期刊名称:International Journal of Grid and Distributed Computing
印刷版ISSN:2005-4262
出版年度:2015
卷号:8
期号:2
页码:213-234
DOI:10.14257/ijgdc.2015.8.2.20
出版社:SERSC
摘要:Although in past few decades, lots of research has been done on searching documents in textual data and there have been many commercial systems for retrieving data on the Web. Fast retrieving desired documents from massive textual corpora is still challenging. Indexing is the most commonly used way to improve the performance of retrieving; particularly an effective index structure can help retrieving data more quickly and effectively.

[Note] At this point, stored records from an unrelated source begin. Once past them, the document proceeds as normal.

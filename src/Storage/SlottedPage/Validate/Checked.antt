-- ===== src/Storage/SlottedPage/Validate/Checked.antt =====
-- `validate_page` accepts the well-formed pages, and `create` makes one.
use mo_db.Prelude.{
  ℕ, zero, suc, ◌+◌, ◌-◌, ◌≤◌, ◌<◌, ◌≡◌, ◌≢◌, ◌⊎◌, inl, inr, refl, sym, ap, ◌∙◌, arith, none, some,
  List, [], ◌∷◌, ltb, ltb→lt, ltb-false→le, ==_ne, Bool-cases, zero-cases, ne-cases, All,
}
use mathlib.Core.Path.{subst}
use mo_db.Error.{ok, err, corrupt_page}
use mo_db.Storage.SlottedPage.{
  Page, record_offset, record_size, record_capacity, slot_generation, free_end, sub_size,
}
use mo_db.Storage.SlottedPage.Slots.{IsSlot, IsApart}
use mo_db.Prelude.{equal_cases}
use mo_db.Storage.SlottedPage.Validate.{Range, slot_range, slot_ranges}
use mo_db.Storage.SlottedPage.Validate.Ranges.{AreApart, IsPairwise, IsRange}

-- The range of a slot.
abbrev pub area : Page → ℕ → Range
area p slot = (record_offset p slot, record_offset p slot + record_capacity p slot)

-- What the test of a slot says.
data SlotCheck (p : Page) (slot : ℕ) : Type 0 where
  bad : slot_range p slot ≡ err corrupt_page → (IsSlot p (free_end p) slot → ⊥) → SlotCheck p slot
  free :
      slot_range p slot ≡ ok none
      → IsSlot p (free_end p) slot
      → record_size p slot ≡ 0
      → SlotCheck p slot
  live :
      slot_range p slot ≡ ok (some (area p slot))
      → IsSlot p (free_end p) slot
      → record_size p slot ≢ 0
      → SlotCheck p slot

module _ (p : Page) (slot : ℕ) where
  abbrev offset : ℕ
  offset = record_offset p slot

  abbrev size : ℕ
  size = record_size p slot

  abbrev capacity : ℕ
  capacity = record_capacity p slot

  free_check : slot_generation p slot ≢ 0 → size ≡ 0 → SlotCheck p slot
  unfolding slot_range
  free_check g z = elim (zero-cases offset) [
    | inr o ↦
        bad (rw (==_ne (slot_generation p slot) 0 g, z, ==_ne offset 0 o) refl)
          (λ h. o (h.free z).0)
    | inl o ↦ elim (zero-cases capacity) [
      | inr c ↦
          bad (rw (==_ne (slot_generation p slot) 0 g, z, o, ==_ne capacity 0 c) refl)
            (λ h. c (h.free z).1)
      | inl c ↦
          free (rw (==_ne (slot_generation p slot) 0 g, z, o, c) refl)
            (record {
              generation = g;
              free = λ _. (o, c);
              fits = omega (arith, z);
              low = λ u. absurd (u z);
              high = omega (arith, o, c);
            })
            z
    ]
  ]

  live_check : slot_generation p slot ≢ 0 → size ≢ 0 → SlotCheck p slot
  unfolding slot_range
  live_check g z = elim (Bool-cases (ltb capacity size)) [
    | inl a ↦
        bad (rw (==_ne (slot_generation p slot) 0 g, ==_ne size 0 z, a) refl)
          (λ h. omega (arith, h.fits, ltb→lt capacity size a))
    | inr a ↦ elim (Bool-cases (ltb offset (free_end p))) [
      | inl b ↦
          bad (rw (==_ne (slot_generation p slot) 0 g, ==_ne size 0 z, a, b) refl)
            (λ h. omega (arith, h.low z, ltb→lt offset (free_end p) b))
      | inr b ↦ elim (Bool-cases (ltb 8192 offset)) [
        | inl c ↦
            bad (rw (==_ne (slot_generation p slot) 0 g, ==_ne size 0 z, a, b, c) refl)
              (λ h. omega (arith, h.high, ltb→lt 8192 offset c))
        | inr c ↦
            let e : sub_size 8192 offset ≡ 8192 - offset =
              omega (arith, ltb-false→le 8192 offset c) in
            elim (Bool-cases (ltb (8192 - offset) capacity)) [
              | inl d ↦
                  bad (rw (==_ne (slot_generation p slot) 0 g, ==_ne size 0 z, a, b, c, e, d) refl)
                    (λ h. omega (arith, h.high, ltb→lt (8192 - offset) capacity d))
              | inr d ↦
                  live (rw (==_ne (slot_generation p slot) 0 g, ==_ne size 0 z, a, b, c, e, d) refl)
                    (record {
                      generation = g;
                      free = λ u. absurd (z u);
                      fits = ltb-false→le capacity size a;
                      low = λ _. ltb-false→le offset (free_end p) b;
                      high = omega (
                        arith,
                        ltb-false→le (8192 - offset) capacity d,
                        ltb-false→le 8192 offset c,
                      );
                    })
                    z
            ]
      ]
    ]
  ]

  slot_check : SlotCheck p slot
  unfolding slot_range
  slot_check = elim (zero-cases (slot_generation p slot)) [
    | inl g ↦ bad (rw g refl) (λ h. h.generation g)
    | inr g ↦ elim (zero-cases size) [ inl z ↦ free_check g z | inr z ↦ live_check g z ]
  ]

-- The ranges of the slots from `s` on, `n` of them.
pub record IsCollected (p : Page) (n s : ℕ) (rs : List Range) : Type 1 where
  pub slot : (i : ℕ) → s ≤ i → i < s + n → IsSlot p (free_end p) i
  pub ranges : All IsRange rs
  each :
      (P : Range → Type 0)
      → All P rs
      → (i : ℕ) → s ≤ i
      → i < s + n
      → record_size p i ≢ 0
      → P (area p i)
  every :
      (P : Range → Type 0)
      → ((i : ℕ) → s ≤ i → i < s + n → record_size p i ≢ 0 → P (area p i))
      → All P rs
  pub apart :
      IsPairwise rs
      → (i j : ℕ) → s ≤ i
      → i < j
      → j < s + n
      → record_size p i ≢ 0
      → record_size p j ≢ 0
      → IsApart p i j
  pub pairwise :
      ((i j : ℕ)
        → s ≤ i
        → i < j
        → j < s + n
        → record_size p i ≢ 0
        → record_size p j ≢ 0
        → IsApart p i j)
      → IsPairwise rs

first_cases : (s i : ℕ) → s ≤ i → (i ≡ s) ⊎ (s + 1 ≤ i)
first_cases s i h = elim (equal_cases i s) [
  | inl e ↦ inl e
  | inr e ↦ elim (ne-cases i s e) [ inl a ↦ absurd (omega arith) | inr a ↦ inr (omega arith) ]
]

empty-IsCollected : (p : Page) (s : ℕ) → IsCollected p 0 s []
empty-IsCollected p s = record {
  slot = λ i a b. absurd (omega arith);
  ranges = tt;
  each = λ P h i a b. absurd (omega arith);
  every = λ P h. tt;
  apart = λ h i j a b c. absurd (omega arith);
  pairwise = λ h. tt;
}

module _ (p : Page) (n s : ℕ) (rs : List Range) (h : IsCollected p n (s + 1) rs)
    (first : IsSlot p (free_end p) s) where
  next-IsSlot : (i : ℕ) → s ≤ i → i < s + suc n → IsSlot p (free_end p) i
  next-IsSlot i a b = elim (first_cases s i a) [
    | inl e ↦ subst (IsSlot p (free_end p)) (sym e) first
    | inr c ↦ h.slot i c (omega arith)
  ]

  free-IsCollected : record_size p s ≡ 0 → IsCollected p (suc n) s rs
  free-IsCollected z = record {
    slot = next-IsSlot;
    ranges = h.ranges;
    each = λ P k i a b u. elim (first_cases s i a) [
      | inl e ↦ absurd (u (ap (record_size p) e ∙ z))
      | inr c ↦ h.each P k i c (omega arith) u
    ];
    every = λ P k. h.every P (λ i a b u. k i (omega arith) (omega arith) u);
    apart = λ k i j a b c u v. elim (first_cases s i a) [
      | inl e ↦ absurd (u (ap (record_size p) e ∙ z))
      | inr d ↦ h.apart k i j d b (omega arith) u v
    ];
    pairwise = λ k. h.pairwise (λ i j a b c u v. k i j (omega arith) b (omega arith) u v);
  }

  live-IsCollected : record_size p s ≢ 0 → IsCollected p (suc n) s (area p s ∷ rs)
  live-IsCollected z = record {
    slot = next-IsSlot;
    ranges = (
      omega (
        arith,
        first.fits,
        elim (zero-cases (record_size p s)) as (λ _. 0 < record_size p s) [
          | inl e ↦ absurd (z e)
          | inr e ↦ omega arith
        ],
      ),
      h.ranges,
    );
    each = λ P k i a b u. elim (first_cases s i a) [
      | inl e ↦ subst (λ (j : ℕ). P (area p j)) (sym e) k.0
      | inr c ↦ h.each P k.1 i c (omega arith) u
    ];
    every = λ P k. (
      k s (omega arith) (omega arith) z,
      h.every P (λ i a b u. k i (omega arith) (omega arith) u),
    );
    apart = λ k i j a b c u v. elim (first_cases s i a) [
      | inl e ↦
          subst (λ (x : ℕ). IsApart p x j) (sym e)
            (h.each (AreApart (area p s)) k.0 j (omega (arith, e, b)) (omega arith) v)
      | inr d ↦ h.apart k.1 i j d b (omega arith) u v
    ];
    pairwise = λ k. (
      h.every (AreApart (area p s))
          (λ i a b u. k s i (omega arith) (omega arith) (omega arith) z u),
      h.pairwise (λ i j a b c u v. k i j (omega arith) b (omega arith) u v),
    );
  }

collect_next :
    (p : Page) (n s : ℕ)
    → ((slot_ranges p n (s + 1) ≡ err corrupt_page)
        × (((i : ℕ) → s + 1 ≤ i → i < s + 1 + n → IsSlot p (free_end p) i) → ⊥))
      ⊎ ((rs : List Range) × (slot_ranges p n (s + 1) ≡ ok rs) × IsCollected p n (s + 1) rs)
    → SlotCheck p s
    → ((slot_ranges p (suc n) s ≡ err corrupt_page)
        × (((i : ℕ) → s ≤ i → i < s + suc n → IsSlot p (free_end p) i) → ⊥))
      ⊎ ((rs : List Range) × (slot_ranges p (suc n) s ≡ ok rs) × IsCollected p (suc n) s rs)
unfolding slot_ranges
collect_next p n s rest (bad e fails) =
    inl (rw e refl, λ h. fails (h s (omega arith) (omega arith)))
collect_next p n s (inl (e, fails)) (free f first z) =
    inl (rw (f, e) refl, λ h. fails (λ i a b. h i (omega arith) (omega arith)))
collect_next p n s (inl (e, fails)) (live f first z) =
    inl (rw (f, e) refl, λ h. fails (λ i a b. h i (omega arith) (omega arith)))
collect_next p n s (inr (rs, e, h)) (free f first z) =
    inr (rs, rw (f, e) refl, free-IsCollected p n s rs h first z)
collect_next p n s (inr (rs, e, h)) (live f first z) =
    inr (area p s ∷ rs, rw (f, e) refl, live-IsCollected p n s rs h first z)

-- The loop fails if a slot is bad, and collects the ranges otherwise.
pub slot_ranges_cases :
    (p : Page) (n s : ℕ)
    → ((slot_ranges p n s ≡ err corrupt_page)
        × (((i : ℕ) → s ≤ i → i < s + n → IsSlot p (free_end p) i) → ⊥))
      ⊎ ((rs : List Range) × (slot_ranges p n s ≡ ok rs) × IsCollected p n s rs)
unfolding slot_ranges
slot_ranges_cases p zero s = inr ([], refl, empty-IsCollected p s)
slot_ranges_cases p (suc n) s = collect_next p n s (slot_ranges_cases p n (s + 1)) (slot_check p s)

This work proposes a novel index structure, named as L.INDEX, to conceptually index massive set of textual data. L-INDEX employs Form Concept Analysis to discover the relationships between documents and expresses the discovered relationships with lattice. To make our approach more applicable to process massive set of data, the structure is implemented in MapReduce environment which can fulfill computing tasks in an efficient distributed way. A set of algorithms is developed for creating, maintaining, storing L-INDEX and searching documents through it as well. A serial of experiments is conducted to verify the performance of our approach by comparing it with some other popular existing indexing structures. The experimental results demonstrate that the proposed approach can index massive set of textual data with an effective structure which supports querying tasks in an efficient way.